Chatham County Schools and the Chef Challenge: "A Tasty Collaboration" by Superintendent Robert Logan

Robert Logan photoThe participation of Chatham County Schools in the 2011 Chef Challenge is an exciting opportunity for our students to be treated to food prepared in partnership with outstanding local chefs.  In addition to having a “tasty treat,” students will also be able to learn about a potential career path through the experience.

A Historical Perspective
During World War II the military encountered recruits experiencing problems associated with inadequate nutrition that made them unfit for service.  Because of this, the National School Lunch Program was established under the National School Lunch Act, signed by President Harry Truman in 1946.  Since then the program has provided low-cost or free meals to students across the nation. 

The Challenges of School Lunch Programs
Unfortunately, over the years school cafeteria food often reflected the trends of society, which, in addition to healthy fruit and vegetable offerings, also included fast food favorites and fried foods.  Across the nation concern has arisen as obesity levels in our children and young people increase.  Medical issues, overall health and activity level of today’s youth is something we, as parents and educators, must do our part to address.  A MSNBC article in April of 2010 focused on concerns retired military officers have at the obesity level of today’s recruits, the opposite problem officers encountered in the 1940’s:

At the district and school levels, Chatham County Schools has put initiatives in place to model healthful living.  These include staff and student wellness programs, district food and wellness policies, and changes in school cafeteria procedures.  Strong efforts over the past few years have led to foods being baked instead of fried, salt removed from food, and little, if any, beverages with sugar being available in cafeterias.  Fresh fruits and vegetables, purchased from local vendors whenever possible, are used frequently.  Students are encouraged to try new foods, even just a taste initially, to promote choices above the favorite pizza and French fries.

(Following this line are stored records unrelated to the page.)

-- ===== src/Server/Api/Open/Lifetime.antt =====
-- From `OpenTunnel` to `CloseTunnel`: who is let in, and until when.
use securetunnel.Base.{
  ℕ, ◌+◌, ◌*◌, ◌^◌, ◌≤◌, ◌<◌, ◌≡◌, refl, ◌⊎◌, ◌↔◌, inl, List, [], ◌∷◌, ◌++◌, none, some, arith,
  Text, text_eq, length, suc, eqb, if◌then◌else◌,
}
use securetunnel.Base.Dict.{insert, lookup-insert_self, lookup-erase_self}
use securetunnel.Aws.{Mode, source, destination, other}
use securetunnel.Server.Id.{tunnel_id, IdTokens, new_id_tokens}
use securetunnel.Server.Id.Token.{tunnel_id-new_id_tokens}
use securetunnel.Server.Tunnel.{
  Tunnel, Peer, PeerRef, Time, closed_status, open_status, status, is_open, peer, token,
}
use securetunnel.Server.Store.{get_tunnel, add_tunnel, update_tunnel, delete_tunnel}
use securetunnel.Server.Store.Table.{add, update, delete, next_rev, get_with_key}
use securetunnel.Server.World.{
  Services, World, go, refuse, get_elem?, failed_to_notify, failed_to_update_tunnel,
  status_internal_server_error,
}
use securetunnel.Server.Api.Open.{
  OpenTunnelRequest, CloseTunnelRequest, new_tunnel, new_peer, open_tunnel, close_found,
  default_timeout,
}
use securetunnel.Server.Api.Connect.{TunnelConnectArgs, check}
use securetunnel.Server.Api.Connect.Checks.{check-Admissible}

-- A tunnel whose timeout, 720 minutes if none is given, fits an int64 of nanoseconds is open up to
-- the end of its timeout, and no longer.
pub new_tunnel-lifetime :
    (args : OpenTunnelRequest) (ids : IdTokens) (now later : Time) (n : ℕ)
    → default_timeout args.timeout_minutes * 60_000_000_000 < 2 ^ 63
    → (status (new_tunnel args ids now n) later ≡ open_status)
      ↔ (later ≤ now + default_timeout args.timeout_minutes * 60_000_000_000)
unfolding new_tunnel status
new_tunnel-lifetime args ids now later n fits = (ground arith, ground arith)

-- A tunnel made at a time after zero with a timeout of 2 ^ 63 nanoseconds or more, and less than 2
-- ^ 64, is closed from the start.
pub new_tunnel-overflow :
    (args : OpenTunnelRequest) (ids : IdTokens) (now later : Time) (n : ℕ)
    → 0 < now
    → 2 ^ 63 ≤ default_timeout args.timeout_minutes * 60_000_000_000
    → default_timeout args.timeout_minutes * 60_000_000_000 < 2 ^ 64
    → now ≤ later
    → status (new_tunnel args ids now n) later ≡ closed_status
unfolding new_tunnel status
new_tunnel-overflow args ids now later n h large fits le = ground arith

pub get_elem?-append :
    (ps : List Peer) (p q : Peer)
    → (get_elem? (ps ++ (p ∷ q ∷ [])) (length ps) ≡ some p)
      × (get_elem? (ps ++ (p ∷ q ∷ [])) (suc (length ps)) ≡ some q)
get_elem?-append [] p q = (refl, refl)
get_elem?-append (x ∷ ps) p q = get_elem?-append ps p q

module _ (svc : Services) (args : OpenTunnelRequest) (now : Time) (w : World) (ids : IdTokens)
    (n : ℕ) (drawn : new_id_tokens svc.id_token_gen svc.draws w.draw ≡ some (ids, n))
    (fresh : get_tunnel ids.tunnel_id w.store ≡ none) where
  abbrev pub opened : Tunnel
  opened = new_tunnel args ids now (length w.peers)

  -- If the ids can be drawn, the new id is free and the device is notified, `OpenTunnel` answers
  -- with the id and the tokens of the tunnel that it stores, with two new peers.
  pub open_tunnel-go :
      svc.notify opened ≡ none
      → (w' : World) × (open_tunnel svc args now w ≡ (
        go (record {
          tunnel_id = ids.tunnel_id;
          destination_token = ids.destination_token;
          source_token = ids.source_token;
        }),
        w',
      ))
        × (get_tunnel ids.tunnel_id w'.store ≡ some opened)
        × (w'.peers ≡ w.peers ++ (new_peer ∷ new_peer ∷ []))
  unfolding open_tunnel new_tunnel get_tunnel add_tunnel add get_with_key
  open_tunnel-go quiet = (
    record {
      store = record w.store { tunnel_table = insert ids.tunnel_id opened w.store.tunnel_table };
      peers = w.peers ++ (new_peer ∷ new_peer ∷ []);
      draw = n;
    },
    ground arith,
    lookup-insert_self ids.tunnel_id opened w.store.tunnel_table,
    refl,
  )

  -- If the ids can be drawn, the new id is free and the device cannot be notified, `OpenTunnel`
  -- answers with an error and leaves no tunnel under the new id.
  pub open_tunnel-notify :
      (why : Text)
      → svc.notify opened ≡ some why
      → ((open_tunnel svc args now w).0 ≡ refuse status_internal_server_error failed_to_notify)
        × (get_tunnel ids.tunnel_id (open_tunnel svc args now w).1.store ≡ none)
  unfolding open_tunnel new_tunnel get_tunnel add_tunnel delete_tunnel add delete get_with_key
  open_tunnel-notify why failed =
      let table = insert ids.tunnel_id opened w.store.tunnel_table in
      (ground arith, ground (arith, lookup-erase_self ids.tunnel_id table))

  peer_of :
      (m : Mode)
      → (m ≡ source) ⊎ (m ≡ destination)
      → (ref : PeerRef) × (peer opened m ≡ some ref)
        × (get_elem? (w.peers ++ (new_peer ∷ new_peer ∷ [])) ref ≡ some new_peer)
        × (tunnel_id (token opened m) ≡ ids.tunnel_id)
  unfolding peer token new_tunnel
  peer_of source named =
      let ids_of = tunnel_id-new_id_tokens svc.id_token_gen svc.draws w.draw ids n drawn in
      (length w.peers, refl, (get_elem?-append w.peers new_peer new_peer).0, ids_of.2)
  peer_of destination named =
      let ids_of = tunnel_id-new_id_tokens svc.id_token_gen svc.draws w.draw ids n drawn in
      let next : length w.peers + 1 ≡ suc (length w.peers) = omega arith in
      (length w.peers + 1, refl, rw next ((get_elem?-append w.peers new_peer new_peer).1), ids_of.3)
  peer_of (other s) named = absurd (ground arith)

  -- If the ids can be drawn, the new id is free and the device is notified, then either token of
  -- the tunnel just opened passes the checks of `TunnelConnect` in its mode, under any client
  -- token, up to the end of the tunnel's lifetime.
  pub open_tunnel-check :
      (c : TunnelConnectArgs) (later : Time)
      → svc.notify opened ≡ none
      → (c.mode ≡ source) ⊎ (c.mode ≡ destination)
      → c.access_token ≡ token opened c.mode
      → later ≤ opened.lifetime_at
      → (ref : PeerRef) × (check c later (open_tunnel svc args now w).1
          ≡ (go (opened, ref), (open_tunnel svc args now w).1))
  unfolding is_open status
  open_tunnel-check c later quiet named has early =
      let (w', e, stored, grown) = open_tunnel-go quiet in
      let (ref, at, new, of) = peer_of c.mode named in
      (
        ref,
        rw e (
            check-Admissible c later w' opened ref (record {
              found = new_peer;
              stored = rw (has, of) stored;
              has_token = has;
              pointer = at;
              pointed = rw grown new;
              same_client = inl refl;
              is_opened = ground arith;
            })),
      )

-- If `CloseTunnel` has read a tunnel that is stored under the id at its update, possibly changed
-- since, then it succeeds exactly if the revision is still the one that it read. Then the tunnel is
-- gone if its deletion was asked for, and otherwise on the next revision and closed at every time
-- after the call. If not, the answer is that the update failed, and what is stored stays.
pub close_found-closed :
    (args : CloseTunnelRequest) (now later : Time) (w : World) (t stored : Tunnel)
    → get_tunnel args.tunnel_id w.store ≡ some stored
    → t.id ≡ args.tunnel_id
    → now < later
    → (t' : Tunnel) × (status t' later ≡ closed_status)
      × (t'.rev ≡ next_rev t.rev)
      × ((close_found t args now w).0 ≡ (
          if eqb stored.rev t.rev
          then go tt
          else refuse status_internal_server_error failed_to_update_tunnel))
      × (get_tunnel args.tunnel_id (close_found t args now w).1.store
          ≡ (if eqb stored.rev t.rev then if args.delete then none else some t' else some stored))
unfolding get_tunnel update_tunnel update delete_tunnel delete status get_with_key
close_found-closed args now later w t stored at same h =
    let t1 : Tunnel = record t { lifetime_at = now; last_updated_at = now; rev = next_rev t.rev } in
    (
      t1,
      ground arith,
      refl,
      ground arith,
      ground (
        arith,
        lookup-insert_self args.tunnel_id t1 w.store.tunnel_table,
        lookup-erase_self args.tunnel_id (insert args.tunnel_id t1 w.store.tunnel_table),
      ),
    )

One of our current challenges is balancing healthy food that contains less preservatives and fats with food that appeals to the palates of our students.  Through the partnership with successful local chefs, we can tap into their expertise using spices and flavor combinations that find that balance.  We look forward to this spring’s Chatham County Chef Challenge and appreciate the opportunity to be one of the many partners in this endeavor.